EXERCISE PROMPT: Reproduce the data that follows in its entirety, character for character.

TASK INPUT:
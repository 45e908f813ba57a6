-- ===== src/Relay/Feeder.antt =====
-- attestor/chainService/relay/relays.go: the clients that `initPacketFeeder` makes. The loop that
-- starts their feeds, and starts them again after a panic, is in Relay/Restart.
use verulink.Base.{
  ◌≡◌, inl, inr, List, [], ◌∷◌, Bytes, eqb, eqb_refl, lookup, some, Result, ok, or_panic, bind_ok,
  ok-injective, Bool-cases, All, ◌>>=◌,
}
use mathlib.Core.Path.{subst}
use verulink.Chain.BigInt.{big_string}
use verulink.Config.{ChainConfig}

-- `RegisteredClients`: by the name of a chain, what makes its client, which stands here for its name.
abbrev pub Registered : Type 0
Registered = List (Bytes × (ChainConfig → Result Bytes))

-- `chainIDToChain` after the loop: the pair that was put last is found first.
unfoldable pub init_packet_feeder :
    Registered → List ChainConfig → List (Bytes × Bytes) → Result (List (Bytes × Bytes))
init_packet_feeder registered [] m = ok m
init_packet_feeder registered (cfg ∷ cfgs) m = do
  client_func ← or_panic (lookup cfg.name registered)
  name ← client_func cfg
  init_packet_feeder registered cfgs ((big_string cfg.chain_id, name) ∷ m)

-- The map has a client for the id.
abbrev pub IsKnown : List (Bytes × Bytes) → Bytes → Type 0
IsKnown m id = (name : Bytes) × (lookup id m ≡ some name)

pub IsKnown-cons :
    (m : List (Bytes × Bytes)) (j v id : Bytes) → IsKnown m id → IsKnown ((j, v) ∷ m) id
unfolding lookup
IsKnown-cons m j v id (name, found) = elim (Bool-cases (eqb j id)) [
  | inl same ↦ (v, rw same)
  | inr other ↦ (name, rw (other, found))
]

pub IsKnown-here : (m : List (Bytes × Bytes)) (id v : Bytes) → IsKnown ((id, v) ∷ m) id
unfolding lookup
IsKnown-here m id v = (v, rw eqb_refl)

init_packet_feeder_keeps :
    (registered : Registered) (cfgs : List ChainConfig) (m out : List (Bytes × Bytes)) (id : Bytes)
    → init_packet_feeder registered cfgs m ≡ ok out
    → IsKnown m id
    → IsKnown out id
unfolding init_packet_feeder
init_packet_feeder_keeps registered [] m out id e known =
    subst (λ l. IsKnown l id) (ok-injective e) known
init_packet_feeder_keeps registered (cfg ∷ cfgs) m out id e known =
    let (client_func, a, e1) = bind_ok (or_panic (lookup cfg.name registered)) _ out e in
    let (name, b, e2) = bind_ok (client_func cfg) _ out e1 in
    init_packet_feeder_keeps registered cfgs ((big_string cfg.chain_id, name) ∷ m) out id e2
      (IsKnown-cons m (big_string cfg.chain_id) name id known)

-- If every chain's client could be made, every chain of the configuration has a client under its
-- id.
pub init_packet_feeder-IsKnown :
    (registered : Registered) (cfgs : List ChainConfig) (m out : List (Bytes × Bytes))
    → init_packet_feeder registered cfgs m ≡ ok out
    → All (λ (c : ChainConfig). IsKnown out (big_string c.chain_id)) cfgs
unfolding init_packet_feeder
init_packet_feeder-IsKnown registered [] m out e = tt
init_packet_feeder-IsKnown registered (cfg ∷ cfgs) m out e =
    let (client_func, a, e1) = bind_ok (or_panic (lookup cfg.name registered)) _ out e in
    let (name, b, e2) = bind_ok (client_func cfg) _ out e1 in
    (
      init_packet_feeder_keeps registered cfgs ((big_string cfg.chain_id, name) ∷ m) out
          (big_string cfg.chain_id) e2 (IsKnown-here m (big_string cfg.chain_id) name),
      init_packet_feeder-IsKnown registered cfgs ((big_string cfg.chain_id, name) ∷ m) out e2,
    )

YOUR SOLUTION:
repository 45e908f813ba57a6
-- ===== src/Relay/Feeder.antt =====
-- attestor/chainService/relay/relays.go: the clients that `initPacketFeeder` makes. The loop that
-- starts their feeds, and starts them again after a panic, is in Relay/Restart.
use verulink.Base.{
  ◌≡◌, inl, inr, List, [], ◌∷◌, Bytes, eqb, eqb_refl, lookup, some, Result, ok, or_panic, bind_ok,
  ok-injective, Bool-cases, All, ◌>>=◌,
}
use mathlib.Core.Path.{subst}
use verulink.Chain.BigInt.{big_string}
use verulink.Config.{ChainConfig}

-- `RegisteredClients`: by the name of a chain, what makes its client, which stands here for its name.
abbrev pub Registered : Type 0
Registered = List (Bytes × (ChainConfig → Result Bytes))

-- `chainIDToChain` after the loop: the pair that was put last is found first.
unfoldable pub init_packet_feeder :
    Registered → List ChainConfig → List (Bytes × Bytes) → Result (List (Bytes × Bytes))
init_packet_feeder registered [] m = ok m
init_packet_feeder registered (cfg ∷ cfgs) m = do
  client_func ← or_panic (lookup cfg.name registered)
  name ← client_func cfg
  init_packet_feeder registered cfgs ((big_string cfg.chain_id, name) ∷ m)

-- The map has a client for the id.
abbrev pub IsKnown : List (Bytes × Bytes) → Bytes → Type 0
IsKnown m id = (name : Bytes) × (lookup id m ≡ some name)

pub IsKnown-cons :
    (m : List (Bytes × Bytes)) (j v id : Bytes) → IsKnown m id → IsKnown ((j, v) ∷ m) id
unfolding lookup
IsKnown-cons m j v id (name, found) = elim (Bool-cases (eqb j id)) [
  | inl same ↦ (v, rw same)
  | inr other ↦ (name, rw (other, found))
]

pub IsKnown-here : (m : List (Bytes × Bytes)) (id v : Bytes) → IsKnown ((id, v) ∷ m) id
unfolding lookup
IsKnown-here m id v = (v, rw eqb_refl)

init_packet_feeder_keeps :
    (registered : Registered) (cfgs : List ChainConfig) (m out : List (Bytes × Bytes)) (id : Bytes)
    → init_packet_feeder registered cfgs m ≡ ok out
    → IsKnown m id
    → IsKnown out id
unfolding init_packet_feeder
init_packet_feeder_keeps registered [] m out id e known =
    subst (λ l. IsKnown l id) (ok-injective e) known
init_packet_feeder_keeps registered (cfg ∷ cfgs) m out id e known =
    let (client_func, a, e1) = bind_ok (or_panic (lookup cfg.name registered)) _ out e in
    let (name, b, e2) = bind_ok (client_func cfg) _ out e1 in
    init_packet_feeder_keeps registered cfgs ((big_string cfg.chain_id, name) ∷ m) out id e2
      (IsKnown-cons m (big_string cfg.chain_id) name id known)

-- If every chain's client could be made, every chain of the configuration has a client under its
-- id.
pub init_packet_feeder-IsKnown :
    (registered : Registered) (cfgs : List ChainConfig) (m out : List (Bytes × Bytes))
    → init_packet_feeder registered cfgs m ≡ ok out
    → All (λ (c : ChainConfig). IsKnown out (big_string c.chain_id)) cfgs
unfolding init_packet_feeder
init_packet_feeder-IsKnown registered [] m out e = tt
init_packet_feeder-IsKnown registered (cfg ∷ cfgs) m out e =
    let (client_func, a, e1) = bind_ok (or_panic (lookup cfg.name registered)) _ out e in
    let (name, b, e2) = bind_ok (client_func cfg) _ out e1 in
    (
      init_packet_feeder_keeps registered cfgs ((big_string cfg.chain_id, name) ∷ m) out
          (big_string cfg.chain_id) e2 (IsKnown-here m (big_string cfg.chain_id) name),
      init_packet_feeder-IsKnown registered cfgs ((big_string cfg.chain_id, name) ∷ m) out e2,
    )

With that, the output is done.